Laurillard argues that only the use of "multimedia tutorial simulation" as an adaptive technology can meet this learning outcome (deep learning) (Clinch, 2005). Laurillard suggested five media forms that support various learning outcomes, which are: (a) narrative, (b) interactive, (c) communicative, (d) adaptive, and (e) productive. Narrative media show the learner virtual image or text, while interactive media such as search engines and randomised multiple-choice questions respond to the learners' actions. Communicative media such as email and discussion forum platforms facilitate communication exchanges. Adaptive media, such as simulation and virtual words, respond to the user action. The study on which this paper is based adopted an adaptive medium to grade web-based assignments and to provide immediate feedback to the learners. Furthermore, proficiency tests were used to monitor learners' learning activities.

 

3 CONTEXT OF THE STUDY: USE OF WILEY PLUS ORION

Physics 10th Edition by Cutnell and Johnson (1998), published by Wiley, is used as the prescribed textbook for the Physics course at the Cape Peninsula University of Technology. The online platform Wiley Plus has been used since 2014 in the Engineering Physics course at this university of technology (UoT) due to its ability to provide online assessment and timeous feedback to the learner.

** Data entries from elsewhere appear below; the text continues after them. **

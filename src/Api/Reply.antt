-- ===== src/Api/Reply.antt =====
-- internal/api/server.go and compact.go: what the handlers write. A reply's body is the value that
-- is encoded as JSON. The headers are left out.
use web_scraper.Base.{
  ℕ, Bool, ◌||◌, Option, none, some, List, Text, String, codes, text_eq, map, if◌then◌else◌,
}
use web_scraper.Base.Int.{ℤ}
use web_scraper.Model.{
  Listing, Status, queued, running, complete, failed, Job, Worker, PricePoint, Float64,
}
use web_scraper.Policy.Search.{Rejection}
use web_scraper.Store.Keys.{CreatedApiKey, ApiKeyRecord}

pub record CompactListing : Type 0 where
  pub external_id : Text
  pub title : Text
  pub url : Text
  pub seller : Text
  pub price_minor : Option ℤ
  pub original_price_minor : Option ℤ
  pub ship_minor : Option ℤ
  pub currency : Text
  pub available : Option Bool
  pub rating : Option Float64
  pub review_count : Option ℤ
  pub sold_count : Option ℤ
  pub sponsored : Option Bool

pub record CompactJob : Type 0 where
  pub id : Text
  pub marketplace : Text
  pub query : Text
  pub status : Status
  pub error : Text
  pub result : List CompactListing

abbrev compact_listing : Listing → CompactListing
compact_listing item = record {
  external_id = item.external_id;
  title = item.title;
  url = item.url;
  seller = item.seller;
  price_minor = item.price_minor;
  original_price_minor = item.original_price_minor;
  ship_minor = item.ship_minor;
  currency = item.currency;
  available = item.available;
  rating = item.rating;
  review_count = item.review_count;
  sold_count = item.sold_count;
  sponsored = item.sponsored;
}

unfoldable pub compact_job_view : Job → CompactJob
compact_job_view job = record {
  id = job.id;
  marketplace = job.marketplace;
  query = job.query;
  status = job.status;
  error = job.error;
  result = map compact_listing job.result;
}

pub data Body : Type 0 where
  is_ok : Body
  error_message : Text → Body
  policy_error : Rejection → Body
  job_body : Job → Body
  compact_body : CompactJob → Body
  history_body : Text → Text → List PricePoint → Body
  created_key : CreatedApiKey → Body
  key_list : List ApiKeyRecord → Body
  revoked : Text → Body
  worker_list : List Worker → Body

pub record Reply : Type 0 where
  pub status : ℕ
  pub body : Body

abbrev pub reply : ℕ → Body → Reply
reply status body = record { status = status; body = body }

abbrev pub write_error : ℕ → String → Reply
write_error status message = reply status (error_message (codes message))

abbrev pub write_job_json : ℕ → Job → Bool → Reply
write_job_json status job compact =
    if compact
    then reply status (compact_body (compact_job_view job))
    else reply status (job_body job)

-- the reply for a job that has ended
unfoldable pub write_terminal_job : Job → Bool → Option Reply
write_terminal_job job compact = elim job.status [
  | queued ↦ none
  | running ↦ none
  | complete ↦ some (write_job_json 200 job compact)
  | failed ↦ some (write_job_json 502 job compact)
]

unfoldable pub valid_marketplace : Text → Bool
valid_marketplace m =
    text_eq m (codes "amazon") || text_eq m (codes "aliexpress") || text_eq m (codes "ebay")
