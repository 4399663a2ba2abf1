-- ===== src/Api/Await.antt =====
-- internal/api/server.go: `search` from the creation of the job on: the reply at once, or the wait
-- for the job, as a script of what `select` finds. A poll comes with the tables as they are then,
-- and with how its round trip ends.
pub mod Answers
use web_scraper.Base.{
  ℕ, Bool, true, false, Option, none, some, List, [], ◌∷◌, Text, ◌==◌, if◌then◌else◌,
}
use web_scraper.Model.{SearchRequest, Job}
use web_scraper.Store.Db.{Db, Result, ok, err, Link, Postgres}
use web_scraper.Store.Jobs.{get_job, create_job}
use web_scraper.Api.Reply.{Reply, write_error, write_job_json, write_terminal_job}

-- The client is gone; a tick, with whether the client has gone by the end of its read; the
-- deadline.
pub data Event : Type 0 where
  gone : Event
  tick : Bool → Link → Db → Event
  deadline : Link → Db → Event

abbrev or_rest : Option Reply → Option Reply → Option Reply
or_rest none rest = rest
or_rest (some r) rest = some r

abbrev pub or_else_job : Job → Result Job → Job
or_else_job job (ok current) = current
or_else_job job (err _) = job

-- after the read of a tick; `rest` is what the later events bring
unfoldable pub after_tick : Bool → Bool → Result Job → Option Reply → Option Reply
after_tick compact left (err _) rest =
    if left then none else some (write_error 500 "could not read queued job")
after_tick compact left (ok current) rest = or_rest (write_terminal_job current compact) rest

-- after the read at the deadline
unfoldable pub after_deadline : Bool → Job → Option Reply
after_deadline compact current =
    or_rest (write_terminal_job current compact) (some (write_job_json 202 current compact))

module _ (pg : Postgres) where
  -- the loop; none is to write no reply
  unfoldable pub await_job : Bool → Text → Job → List Event → Option Reply
  unfolding after_tick after_deadline
  await_job compact requester job [] = none
  await_job compact requester job (gone ∷ es) = none
  await_job compact requester job (tick left link db ∷ es) =
      after_tick compact left (get_job pg link job.id requester db).0
        (await_job compact requester job es)
  await_job compact requester job (deadline link db ∷ es) =
      after_deadline compact (or_else_job job (get_job pg link job.id requester db).0)

  -- after `CreateJob`
  unfoldable pub answer : Bool → ℕ → Text → Result Job → List Event → Option Reply
  unfolding await_job
  answer compact wait_ms requester (err _) es = some (write_error 500 "could not enqueue job")
  answer compact wait_ms requester (ok job) es =
      if wait_ms == 0
      then some (write_job_json 202 job compact)
      else await_job compact requester job es

  -- the end of `search`, for a request that has passed the checks
  unfoldable pub enqueue :
      Link → ℕ → ℕ → SearchRequest → Bool → ℕ → Text → List Event → Db → Option Reply × Db
  unfolding answer
  enqueue link fresh now req compact wait_ms requester es db =
      let (r, db') = create_job pg link fresh now req requester db in
      (answer compact wait_ms requester r es, db')
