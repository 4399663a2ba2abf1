-- ===== src/Api/Await/Answers.antt =====
-- What the replies of a waiting search stand for.
use web_scraper.Base.{
  Among, sym, ◌∙◌, ◌≡◌, refl, ◌⊎◌, inl, inr, Bool, true, false, Option, none, some, List, [], ◌∷◌,
  Text, Empty,
}
use web_scraper.Model.{Job, Status, queued, running, complete, failed}
use web_scraper.Store.Db.{StoreError, Result, ok, err, Postgres}
use web_scraper.Store.Jobs.{get_job}
use web_scraper.Api.Reply.{Reply, write_error, write_job_json, write_terminal_job}
use web_scraper.Api.Await.{
  Event, gone, tick, deadline, after_tick, after_deadline, or_else_job, await_job,
}

-- the reply that a job deserves by its status: 200 for a complete one, 502 for a failed one, and
-- 202 while it is under way
unfoldable pub reply_of : Bool → Job → Reply
reply_of compact j = elim j.status [
  | queued ↦ write_job_json 202 j compact
  | running ↦ write_job_json 202 j compact
  | complete ↦ write_job_json 200 j compact
  | failed ↦ write_job_json 502 j compact
]

abbrev pub unreadable : Reply
unreadable = write_error 500 "could not read queued job"

Status-cases : (s : Status) → ((s ≡ queued) ⊎ (s ≡ running)) ⊎ ((s ≡ complete) ⊎ (s ≡ failed))
Status-cases queued = inl (inl refl)
Status-cases running = inl (inr refl)
Status-cases complete = inr (inl refl)
Status-cases failed = inr (inr refl)

terminal-cases :
    (compact : Bool) (j : Job)
    → (write_terminal_job j compact ≡ none)
      ⊎ (write_terminal_job j compact ≡ some (reply_of compact j))
unfolding write_terminal_job reply_of
terminal-cases compact j = elim (Status-cases j.status) [
  | inl (inl e) ↦ inl (rw e refl)
  | inl (inr e) ↦ inl (rw e refl)
  | inr (inl e) ↦ inr (rw e refl)
  | inr (inr e) ↦ inr (rw e refl)
]

after_deadline-reply_of :
    (compact : Bool) (j : Job) → after_deadline compact j ≡ some (reply_of compact j)
unfolding after_deadline write_terminal_job reply_of
after_deadline-reply_of compact j = elim (Status-cases j.status) [
  | inl (inl e) ↦ rw e refl
  | inl (inr e) ↦ rw e refl
  | inr (inl e) ↦ rw e refl
  | inr (inr e) ↦ rw e refl
]

unsome : {a b : Reply} → some a ≡ some b → a ≡ b
unsome h = cc

module _ (pg : Postgres) where
  -- the event brought this job: a tick read it, or the deadline did, or the deadline could not read
  -- and it is the job as it was created
  abbrev pub Brings : Text → Job → Event → Job → Type 0
  Brings requester job gone j = Empty
  Brings requester job (tick left link db) j = (get_job pg link job.id requester db).0 ≡ ok j
  Brings requester job (deadline link db) j =
      j ≡ or_else_job job (get_job pg link job.id requester db).0

  -- the event is a tick whose read fails, with the client still there
  abbrev pub Fails : Text → Job → Event → Type 0
  Fails requester job gone = Empty
  Fails requester job (tick left link db) =
      (left ≡ false) × ((x : StoreError) × ((get_job pg link job.id requester db).0 ≡ err x))
  Fails requester job (deadline link db) = Empty

  tick-cases :
      (compact left : Bool) (read : Result Job) (rest : Option Reply) (r : Reply)
      → after_tick compact left read rest ≡ some r
      → ((left ≡ false) × ((x : StoreError) × (read ≡ err x)) × (r ≡ unreadable))
        ⊎ ((j : Job) × (read ≡ ok j) × (r ≡ reply_of compact j))
        ⊎ (rest ≡ some r)
  unfolding after_tick
  tick-cases compact true (err e) rest r h = cc
  tick-cases compact false (err e) rest r h = inl (refl, (e, refl), sym (unsome h))
  tick-cases compact left (ok j) rest r h = elim (terminal-cases compact j) [
    | inl e ↦ inr (inr (rw e at h))
    | inr e ↦ inr (inl (j, refl, sym (unsome (rw e at h))))
  ]

  -- A search that waits answers with status 500 only at a tick whose read of the job fails, while
  -- the client is there. Otherwise it answers with a job that one of the events brought, and with the status that the job deserves: 200 exactly for a complete
  -- job, 502 for a failed one, 202 for one that is under way.
  pub await_job-reply_of :
      (compact : Bool) (requester : Text) (job : Job) (es : List Event) (r : Reply)
      → await_job pg compact requester job es ≡ some r
      → ((e : Event) × Among e es × Fails requester job e × (r ≡ unreadable))
        ⊎ ((e : Event) × (j : Job) × Among e es
            × Brings requester job e j
            × (r ≡ reply_of compact j))
  unfolding await_job
  await_job-reply_of compact requester job [] r h = cc
  await_job-reply_of compact requester job (gone ∷ es) r h = cc
  await_job-reply_of compact requester job (tick left link db ∷ es) r h =
      elim (tick-cases compact left (get_job pg link job.id requester db).0
        (await_job pg compact requester job es) r h) [
          | inl (stays, fails, e) ↦ inl (tick left link db, inl refl, (stays, fails), e)
          | inr (inl (j, read, e)) ↦ inr (tick left link db, j, inl refl, read, e)
          | inr (inr later) ↦ elim (await_job-reply_of compact requester job es r later) [
            | inl (ev, m, f, e) ↦ inl (ev, inr m, f, e)
            | inr (ev, j, m, b, e) ↦ inr (ev, j, inr m, b, e)
          ]
        ]
  await_job-reply_of compact requester job (deadline link db ∷ es) r h =
      let j = or_else_job job (get_job pg link job.id requester db).0 in
      inr (
        deadline link db,
        j,
        inl refl,
        refl,
        sym (unsome (sym (after_deadline-reply_of compact j) ∙ h)),
      )
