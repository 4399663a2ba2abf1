-- ===== src/Api/Limiter.antt =====
-- internal/api/server.go: `rateLimiter`, a fixed window of a minute for each key. Times are in
-- nanoseconds. A window that is in the map has a start, so `start.IsZero()` is "not in the map".
pub mod Laws
use web_scraper.Base.{
  ℕ, ◌+◌, Bool, true, false, Option, none, some, List, [], ◌∷◌, Text, ltb, leb, if◌then◌else◌,
}
use web_scraper.Base.Dict.{lookup, insert}

pub record RateWindow : Type 0 where
  pub start : ℕ
  pub count : ℕ

pub record RateLimiter : Type 0 where
  pub items : List (Text × RateWindow)

abbrev pub minute : ℕ
minute = 60000000000

unfoldable pub new_rate_limiter : RateLimiter
new_rate_limiter = record { items = [] }

-- the window to store, if one is, and the answer
unfoldable pub decide : Option RateWindow → ℕ → ℕ → Option RateWindow × Bool
decide none limit now = (some (record { start = now; count = 1 }), true)
decide (some w) limit now =
    if leb (w.start + minute) now
    then (some (record { start = now; count = 1 }), true)
    else if leb limit w.count
    then (none, false)
    else (some (record w { count = w.count + 1 }), true)

abbrev pub write : Text → Option RateWindow → RateLimiter → RateLimiter
write id none l = l
write id (some w) l = record { items = insert id w l.items }

unfoldable pub allow : Text → ℕ → ℕ → RateLimiter → Bool × RateLimiter
unfolding decide
allow id limit now l =
    let (w, answer) = decide (lookup id l.items) limit now in (answer, write id w l)

-- One client's requests at the given times: how many are allowed.
unfoldable pub allowed : Text → ℕ → List ℕ → RateLimiter → ℕ
allowed id limit [] l = 0
allowed id limit (now ∷ times) l =
    let (answer, l') = allow id limit now l in (if answer then 1 else 0) + allowed id limit times l'
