-- ===== src/Api/Header.antt =====
-- internal/api/server.go: `bearer`, with what it uses of the package strings.
use web_scraper.Go.Strings.{trim_space, split_space}
use web_scraper.Base.{
  ℕ, ◌+◌, Bool, ◌&&◌, Option, none, some, [], Text, codes, text_eq, leb, if◌then◌else◌, map,
}

abbrev lower_ascii : ℕ → ℕ
lower_ascii c = if leb b'A' c && leb c b'Z' then c + 32 else c

-- strings.EqualFold(s, "Bearer"): none of these letters is equal to one outside ASCII
abbrev is_bearer : Text → Bool
is_bearer s = text_eq (map lower_ascii s) (codes "bearer")

abbrev token_of : Option (Text × Text) → Text
token_of none = []
token_of (some (scheme, rest)) = if is_bearer scheme then trim_space rest else []

unfoldable pub bearer : Text → Text
unfolding trim_space split_space
bearer header = token_of (split_space [] header)
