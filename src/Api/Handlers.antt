-- ===== src/Api/Handlers.antt =====
-- internal/api/server.go: the checks before a handler, `withAPIKey` and `withAdmin`, and the
-- handlers of the routes that read or change a stored row by its id, from the parts of a request
-- that they read to the reply.
pub mod Served
use web_scraper.Base.{
  ℕ, Bool, true, false, not, Option, none, some, List, [], ◌∷◌, Text, codes, text_eq, is_empty,
  if◌then◌else◌,
}
use web_scraper.Model.{Job, Worker}
use web_scraper.Store.Db.{Db, StoreError, no_rows, Result, ok, err, Sql, Link, up, Postgres}
use web_scraper.Store.Keys.{
  ApiKey, authenticate_api_key, revoke_api_key, list_api_keys, list_workers, get_job_by_api_key,
  ApiKeyRecord,
}
use web_scraper.Api.Limiter.{RateLimiter, allow}
use web_scraper.Go.Strings.{trim_space}
use web_scraper.Api.Header.{bearer}
use web_scraper.Api.Reply.{
  Reply, reply, write_error, is_ok, job_body, key_list, revoked, worker_list,
}

-- What the checks before a handler decide: a reply, or to run the handler with this key.
pub data Gate : Type 0 where
  stopped : Reply → Gate
  serve : ApiKey → Gate

abbrev is_no_rows : StoreError → Bool
is_no_rows no_rows = true
is_no_rows _ = false

-- `withAdmin`: none is to run the handler
unfoldable pub with_admin : Text → Text → Option Reply
with_admin admin_token header =
    if is_empty admin_token
    then some (write_error 503 "ADMIN_TOKEN is not configured")
    else if text_eq (bearer header) admin_token
    then none
    else some (write_error 401 "invalid admin token")

abbrev list_reply : Result (List ApiKeyRecord) → Reply
list_reply (ok keys) = reply 200 (key_list keys)
list_reply (err _) = write_error 500 "could not list API keys"

abbrev workers_reply : Result (List Worker) → Reply
workers_reply (ok workers) = reply 200 (worker_list workers)
workers_reply (err _) = write_error 500 "could not list workers"

-- `readyz`, by how the ping ends
unfoldable pub ready : Link → Reply
ready up = reply 200 is_ok
ready _ = write_error 503 "database unavailable"

unfoldable pub workers : Link → Db → Reply
workers link db = workers_reply (list_workers link db).0

-- after `AuthenticateAPIKey`
unfoldable pub limit_gate : ℕ → Result ApiKey → RateLimiter → Gate × RateLimiter
limit_gate now (err _) l = (stopped (write_error 401 "invalid API key"), l)
limit_gate now (ok key) l =
    let (go, l') = allow key.id key.rate_limit_per_minute now l in
    if go then (serve key, l') else (stopped (write_error 429 "rate limit exceeded"), l')

module _ (pg : Postgres) (hash : Text → Text) where
  -- `tick` is the limiter's clock, `now` the server's
  unfoldable pub with_api_key : Link → ℕ → ℕ → Text → RateLimiter → Db → (Gate × RateLimiter) × Db
  unfolding limit_gate
  with_api_key link now tick header l db = elim (is_empty (bearer header)) [
    | true ↦ ((stopped (write_error 401 "missing bearer API key"), l), db)
    | false ↦
        let (r, db') = authenticate_api_key pg hash link now (bearer header) db in
        (limit_gate tick r l, db')
  ]

  abbrev pub job_reply : Result Job → Reply
  job_reply (ok job) = reply 200 (job_body job)
  job_reply (err e) =
      if is_no_rows e then write_error 404 "job not found" else write_error 500 "could not read job"

  -- GET /v1/jobs/{id}
  unfoldable pub job : Link → Text → Text → Db → Reply × Db
  job link id header db = elim (is_empty (bearer header)) [
    | true ↦ (write_error 401 "missing bearer API key", db)
    | false ↦
        let (r, db') = get_job_by_api_key pg hash link id (bearer header) db in (job_reply r, db')
  ]

  abbrev revoke_reply : Text → Result (Unit {0}) → Reply
  revoke_reply id (ok _) = reply 200 (revoked id)
  revoke_reply id (err e) =
      if is_no_rows e
      then write_error 404 "API key not found"
      else write_error 500 "could not revoke API key"

  -- DELETE /admin/api-keys/{id}
  unfoldable pub revoke_key : Link → ℕ → Text → Db → Reply × Db
  revoke_key link now raw_id db = elim (is_empty (trim_space raw_id)) [
    | true ↦ (write_error 400 "API key id is required", db)
    | false ↦
        let (r, db') = revoke_api_key pg hash link now (trim_space raw_id) db in
        (revoke_reply (trim_space raw_id) r, db')
  ]

  -- GET /admin/api-keys
  unfoldable pub list_keys : Link → Db → Reply
  list_keys link db = list_reply (list_api_keys pg hash link db).0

An addition to Wiley Plus is the ORION proficiency test, which helps the teacher to (a) gain insight into each individual student's level of proficiency and confidence level; (b) identify and tailor learning for individual students through adaptive practice; and (c) assist individual students during office hours on areas of improvement. The lecturer encouraged learners to use the "Read, Practice, Study" section on the online platform that contains an additional set of questions, videos of sample problems being solved, electronic text content, simulation activities and a solution manual for selected problem-set questions. Learners' activities on the Wiley Plus system's "Read, Practice, Study" section cannot be accessed by the lecturer to monitor their study habits. Hence, the introduction of ORION to the Wiley Plus package in 2014 (which allowed lecturers to access these sections) offered an efficient way of encouraging learners to study and provided learning support to the first-year Engineering Physics learners in the extended curriculum programme (ECP). The ECP programme has been designed to support learners who are enrolled in the Chemical Engineering programme with a 50 percent pass rate in high school (matric) Mathematics and Physical Sciences. To ensure that the ECP learners succeed in their studies, the learners take half a workload compared to mainstream learners (mainstream learners are those whose matric marks are above 50 percent and who take six subjects per semester) studying for the National Diploma in Chemical Engineering.

The lecturer responsible for teaching physics, with support from the Department and John Wiley& Sons Publishers, piloted the Wiley PLUS ORION software to evaluate the effectiveness of the software for proficiency tests and provision of immediate feedback to learners, and hence enhancing learners' performance. Learners were encouraged to strive to get 50% proficiency in each of the chapters assigned to them by the course instructor and at the end of the semester, the learners' scores were assessed and weighed 10% of the semester mark. The effectiveness of the ORION proficiency test was evaluated through analysing feedback from three Wiley Plus ORION feedback reports, namely: 1) Metacognitive report, 2) Productivity report, and 3) The most challenging activity feedback report. Furthermore, the scores in the proficiency test were compared to the paper-based term test scores to see if the performance correlates.

 

4 METHODOLOGY

Both quantitative and qualitative approaches were used in this study. Quantitative approaches involve using scientific or mathematical data to understand a problem, while qualitative approaches entail non-measurable data such as focus group interviews.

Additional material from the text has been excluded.